═══ Provided information ═══

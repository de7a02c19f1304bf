-- ===== src/Sql/Grammar/Copies.antt =====
-- parser/sql.lalrpop: the productions of COPY.
use kui_ba_db.Base.{List, [], ◌∷◌, ◌++◌, Bool, true, false, Option, none, some}
use kui_ba_db.Base.Text.{codes}
use kui_ba_db.Sql.Syntax.{
  StrVal, in_place, NumVal, Value, num, str, DefElem, make_def_elem, RangeVar, CopyStmt,
}
use kui_ba_db.Sql.Grammar.{Keyword, keyword, punct, Input, Eats}
use kui_ba_db.Sql.Grammar.Terms.{NumericOnly, Sconst, Ident}
use kui_ba_db.Sql.Grammar.Values.{OptBooleanOrString}
use kui_ba_db.Sql.Grammar.Tables.{CommaList, QualifiedName}

pub data CopyFrom : Input → Input → Bool → Type 0 where
  copy_from : {a b : Input} → Eats (keyword Keyword.from) a b → CopyFrom a b true
  copy_to : {a b : Input} → Eats (keyword Keyword.to) a b → CopyFrom a b false

-- opt_using, opt_with and opt_as.
pub data OptWord (k : Keyword) : Input → Input → Type 0 where
  word : {a b : Input} → Eats (keyword k) a b → OptWord k a b
  no_word : {a : Input} → OptWord k a a

abbrev pub delimiter_of : StrVal → DefElem
delimiter_of v = make_def_elem (in_place (codes "delimiter")) (str v)

pub data CopyDelimiter : Input → Input → Option DefElem → Type 0 where
  delimiter :
      {a b c d : Input} {v : StrVal}
      → OptWord Keyword.using a b
      → Eats (keyword Keyword.delimiters) b c
      → Sconst c d v
      → CopyDelimiter a d (some (delimiter_of v))
  no_delimiter : {a : Input} → CopyDelimiter a a none

abbrev pub null_of : StrVal → DefElem
null_of v = make_def_elem (in_place (codes "null")) (str v)

abbrev pub csv_format : DefElem
csv_format = make_def_elem (in_place (codes "format")) (str (in_place (codes "csv")))

pub data CopyOptItem : Input → Input → DefElem → Type 0 where
  null_item :
      {a b c d : Input} {v : StrVal}
      → Eats (keyword Keyword.null_p) a b
      → OptWord Keyword.as_p b c
      → Sconst c d v
      → CopyOptItem a d (null_of v)
  csv_item : {a b : Input} → Eats (keyword Keyword.csv) a b → CopyOptItem a b csv_format

pub data CopyOptList : Input → Input → List DefElem → Type 0 where
  more_opts :
      {a b c : Input} {l : List DefElem} {x : DefElem}
      → CopyOptList a b l
      → CopyOptItem b c x
      → CopyOptList a c (l ++ x ∷ [])
  no_opts : {a : Input} → CopyOptList a a []

pub data GenericArg (debug : Bool) : Input → Input → Value → Type 0 where
  text_generic :
      {a b : Input} {v : StrVal} → OptBooleanOrString a b v → GenericArg debug a b (str v)
  number_generic :
      {a b : Input} {v : NumVal} → NumericOnly debug a b v → GenericArg debug a b (num v)

pub data GenericOpt (debug : Bool) : Input → Input → DefElem → Type 0 where
  generic_opt :
      {a b c : Input} {n : StrVal} {v : Value}
      → Ident a b n
      → GenericArg debug b c v
      → GenericOpt debug a c (make_def_elem n v)

pub data CopyOptions (debug : Bool) : Input → Input → List DefElem → Type 0 where
  plain_options : {a b : Input} {l : List DefElem} → CopyOptList a b l → CopyOptions debug a b l
  generic_options :
      {a b c d : Input} {l : List DefElem}
      → Eats (punct b'(') a b
      → CommaList (GenericOpt debug) b c l
      → Eats (punct b')') c d
      → CopyOptions debug a d l

-- `if let Some(delopt) = d { o.push(delopt); }`
unfoldable pub push_delimiter : List DefElem → Option DefElem → List DefElem
push_delimiter o none = o
push_delimiter o (some x) = o ++ x ∷ []

pub data Copy (debug : Bool) : Input → Input → CopyStmt → Type 0 where
  copy_table :
      {a b c d e f g h : Input} {q : RangeVar} {from : Bool} {v : StrVal} {x : Option DefElem}
      {o : List DefElem}
      → Eats (keyword Keyword.copy) a b
      → QualifiedName b c q
      → CopyFrom c d from
      → Sconst d e v
      → CopyDelimiter e f x
      → OptWord Keyword.with_p f g
      → CopyOptions debug g h o
      → Copy debug a h (record { rel = q; from = from; filename = v; opts = push_delimiter o x })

═══

Please return every line in the data that includes the string "CopyOptList".

Exercise solution ▸
pub data CopyOptList : Input → Input → List DefElem → Type 0 where
      → CopyOptList a b l
      → CopyOptList a c (l ++ x ∷ [])
  no_opts : {a : Input} → CopyOptList a a []
  plain_options : {a b : Input} {l : List DefElem} → CopyOptList a b l → CopyOptions debug a b l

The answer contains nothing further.